It takes a while to start. I don't even know why I'm here, what it means. Nothing matters. On the way down here, I imagined the train derailing, some idiots throwing bricks or bottles from a bridge, killing the driver, causing it to speed out of control. Fire, screams, twisted metal. Chaos and pain, then nothing.
Here, now, nothing feels real. The drugs don't matter; my brain already mangled and twisted up in my skull, the world a distant, receding dream. A few dabs of MDMA powder, wrapped up in rice paper, washed down with port. I've never taken it before, but the bitter, chemical tang at the back of my throat as the paper dissolves is familiar.
Music. Pink Floyd, Wish You Were Here. Half way through the album. People I don't know reminisce about events I dont remember, experiences I never lived. I interject when it seems appropriate, respond mechanically. Laughter. Sighs. Nos and maybes. Black inside. Pulsing black filth in place of my mind, my heart, my entrails, shards of bone protruding, raking me open, never letting me heal.
It's cold, the heating clanking as it fails to work in the small flat. I want to sleep. I always want to sleep, lately. Not to dream; just for darkness, for thought to stop, just for a few hours. Insomnia has ravaged my nerves to unravelling, the panic attacks of the last few months crippling. I doubt I'll have a job to go back to, when I take the train up to the Midlands.
It doesn't feel any different, doesn't feel like it's working.
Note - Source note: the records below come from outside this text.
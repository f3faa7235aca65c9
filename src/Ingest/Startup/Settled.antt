-- ===== src/Ingest/Startup/Settled.antt =====
-- What the start leaves.
use docmesh.Prelude.{
  ◌≤◌, ◌≡◌, ◌⊎◌, refl, sym, ap, ◌∙◌, true, false, ◌==◌, eq_of_==, none, some, List, [], ◌∷◌, All,
  All-imp, filter, length, length-filter, length-map, arith, Bool-cases, inl, inr,
}
use docmesh.Text.{Text, text_in}
use docmesh.Storage.{
  Db, Document, DocumentStatus, queued, parsing, chunking, embedding, indexing, done, failed,
  status_eq, has_status, update_status, delete_by_document, list_documents,
}
use docmesh.Storage.Listed.{ids, list_documents-all, newest_first-has}
use docmesh.Ingest.Exec.{World}
use docmesh.Ingest.Startup.{
  mapped, list_non_duplicates, relabel, load, reset_document, reset_documents, reconcile, recover,
  startup,
}
use docmesh.Ingest.Startup.Rows.{update_documents-All, length-update_documents, filter-has}
use docmesh.Ingest.Startup.Recovered.{HasNone, recover-IsSweptOf}

-- One that is done is among those that are left.
abbrev Left : List Text → Document → Type 0
Left is d = status_eq d.status done ≡ true → text_in d.id is ≡ true

reset_documents-done :
    (docs : List Document) (w : World)
    → All (Left (ids docs)) w.db.documents
    → All (λ (d : Document). HasNone (done ∷ []) d.status) (reset_documents docs w).db.documents
unfolding reset_documents update_status delete_by_document text_in status_eq
reset_documents-done [] w h =
    All-imp (Left []) (λ (d : Document). HasNone (done ∷ []) d.status) (λ d k. (none_left d k, tt))
      w.db.documents h
  where
    none_left :
        (d : Document)
        → (status_eq d.status done ≡ true → false ≡ true)
        → status_eq d.status done ≡ false
    none_left d k = elim (Bool-cases (status_eq d.status done)) [
      | inl bad ↦ let no : false ≡ true = k bad in absurd cc
      | inr good ↦ good
    ]
reset_documents-done (doc ∷ docs) w h = reset_documents-done docs (reset_document doc w) (
    update_documents-All (Left (doc.id ∷ ids docs)) (Left (ids docs))
      (λ d. record d { status = queued; error_message = none; updated_at = w.now }) doc.id
      (λ d e k bad. absurd cc) (λ d e k q. ground (arith, e, k q)) w.db.documents h)

length-reset_documents :
    (docs : List Document) (w : World)
    → length (reset_documents docs w).db.documents ≡ length w.db.documents
unfolding reset_documents update_status delete_by_document
length-reset_documents [] w = refl
length-reset_documents (doc ∷ docs) w =
    length-reset_documents docs (reset_document doc w)
    ∙ length-update_documents
        (λ d. record d { status = queued; error_message = none; updated_at = w.now }) doc.id
        w.db.documents

-- The vectors of the file are as many as those that the chunks have.
abbrev pub Fits : World → Type 0
Fits w = length w.persisted ≡ length (mapped (list_non_duplicates w.db))

all-Left :
    (db : Db)
    → length db.documents ≤ 10000
    → All (Left (ids (list_documents 0 10000 (some done) db).0)) db.documents
all-Left db few =
    let rows = filter (has_status (some done)) db.documents in
    let page =
      list_documents-all 10000 done db
        (omega (arith, length-filter (has_status (some done)) db.documents)) in
    All-imp (λ (d : Document). status_eq d.status done ≡ true → text_in d.id (ids rows) ≡ true)
      (Left (ids (list_documents 0 10000 (some done) db).0))
      (λ d h k. ap (λ l. text_in d.id (ids l)) page ∙ newest_first-has d.id rows ∙ h k) db.documents
      (filter-has done db.documents)

any_status : (docs : List Document) → All (λ (d : Document). HasNone [] d.status) docs
any_status [] = tt
any_status (d ∷ docs) = (tt, any_status docs)

-- The file fits, or no document is done any more.
reconcile-Fits :
    (w : World)
    → length w.db.documents ≤ 10000
    → (length (reconcile w).db.documents ≤ 10000)
      × (Fits w ⊎ All (λ (d : Document). HasNone (done ∷ []) d.status) (reconcile w).db.documents)
unfolding reconcile load
reconcile-Fits w few =
    let mappings = mapped (list_non_duplicates w.db) in
    let docs = (list_documents 0 10000 (some done) w.db).0 in
    let same = length-map (relabel mappings) w.persisted in
    let cleared : World = record (load mappings w) { index = [] } in
    elim (Bool-cases (length (load mappings w).index == length mappings)) [
      | inl fits ↦ rw fits (few, inl (sym same ∙ eq_of_== _ _ fits))
      | inr lost ↦ rw lost (
        omega (arith, few, length-reset_documents docs cleared),
        inr (reset_documents-done docs cleared (all-Left w.db few)),
      )
    ]

-- It is done, or failed, or it is queued and waits.
abbrev pub SettledOrWaits : World → Document → Type 0
SettledOrWaits w d =
    (d.status ≡ done)
    ⊎ (d.status ≡ failed)
    ⊎ ((d.status ≡ queued) × (text_in d.id w.waiting ≡ true))

settled_or_waits :
    (status : DocumentStatus) (i : Text) (waiting : List Text)
    → (status_eq status queued ≡ true → text_in i waiting ≡ true)
    → HasNone (indexing ∷ embedding ∷ chunking ∷ parsing ∷ []) status
    → (status ≡ done) ⊎ (status ≡ failed) ⊎ ((status ≡ queued) × (text_in i waiting ≡ true))
unfolding status_eq
settled_or_waits queued i waiting h k = inr (inr (refl, h refl))
settled_or_waits parsing i waiting h k = let bad = k.1.1.1.0 in absurd cc
settled_or_waits chunking i waiting h k = let bad = k.1.1.0 in absurd cc
settled_or_waits embedding i waiting h k = let bad = k.1.0 in absurd cc
settled_or_waits indexing i waiting h k = let bad = k.0 in absurd cc
settled_or_waits done i waiting h k = inl refl
settled_or_waits failed i waiting h k = inr (inl refl)

-- With at most ten thousand documents: after the start each document is done, or failed, or it is
-- queued and waits for the worker; the vectors are persisted as they are in memory; and if the file
-- of vectors did not have as many as the chunks, no document is left done.
pub startup-SettledOrWaits :
    (w : World)
    → length w.db.documents ≤ 10000
    → All (SettledOrWaits (startup w)) (startup w).db.documents
      × ((startup w).persisted ≡ (startup w).index)
      × (Fits w ⊎ All (λ (d : Document). status_eq d.status done ≡ false) (startup w).db.documents)
unfolding startup status_eq
startup-SettledOrWaits w few =
    let (still_few, fits) = reconcile-Fits w few in
    let start = reconcile w in
    let swept = recover-IsSweptOf [] start tt still_few (any_status start.db.documents) in
    (
      All-imp _ (SettledOrWaits (startup w))
          (λ (d : Document) k. settled_or_waits d.status d.id (recover start).waiting k.0 k.1)
          (recover start).db.documents swept.1,
      refl,
      elim fits [
        | inl fit ↦ inl fit
        | inr undone ↦ inr (
            All-imp _ (λ (d : Document). status_eq d.status done ≡ false)
              (λ (d : Document) k. k.1.1.1.1.1.0) (recover start).db.documents
              (recover-IsSweptOf (done ∷ []) start (refl, tt) still_few undone).1)
      ],
    )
Others come, welcomed by the owners of the flat, the friends who invited me to stay. They introduce us. I think I say something. I must, because they smile, sit down, talk with me. Toys from childhood, old comics, politics and religion. The words come, the thoughts with them, but I'm not there. I'm dissolving in the sludge, smothering on it, devoured by it. Soon, there'll be nothing left. Just a sack that walks and talks like me, that pretends to love, but is secretly filled to bursting with excrement.
A wave rises inside, silver, scintillating, highlighted with the amber of Summer dusk. It washes my entrails, dissolving the pollution inside in a heartbeat, leaving me cleansed and hollow. And continues rising, over lungs and heart, to my throat, making me afraid that I'll drown, that it's going to burst out of my face, the same brilliant waters filling the flat, pouring into the street, reducing London to a new Atlantis.
Instead, it crests over my mind, crashing down, the sentient filth barely having time to sigh parasitic protest before it sifts away.
I open my eyes, though they aren't closed, a babe seeing for the first time. Colour pulses, magnificent, living: worms of pigment crawling and mating on the walls, the carpet. Music afflicts me like invisible knives and fingers in the air, tracing my seams, delicately caressing my spine, my flanks, my fingers. I breathe it, taste its sharpness, its liqourice depth. I see it sifting and weaving behind my eyes like trails of coloured smoke.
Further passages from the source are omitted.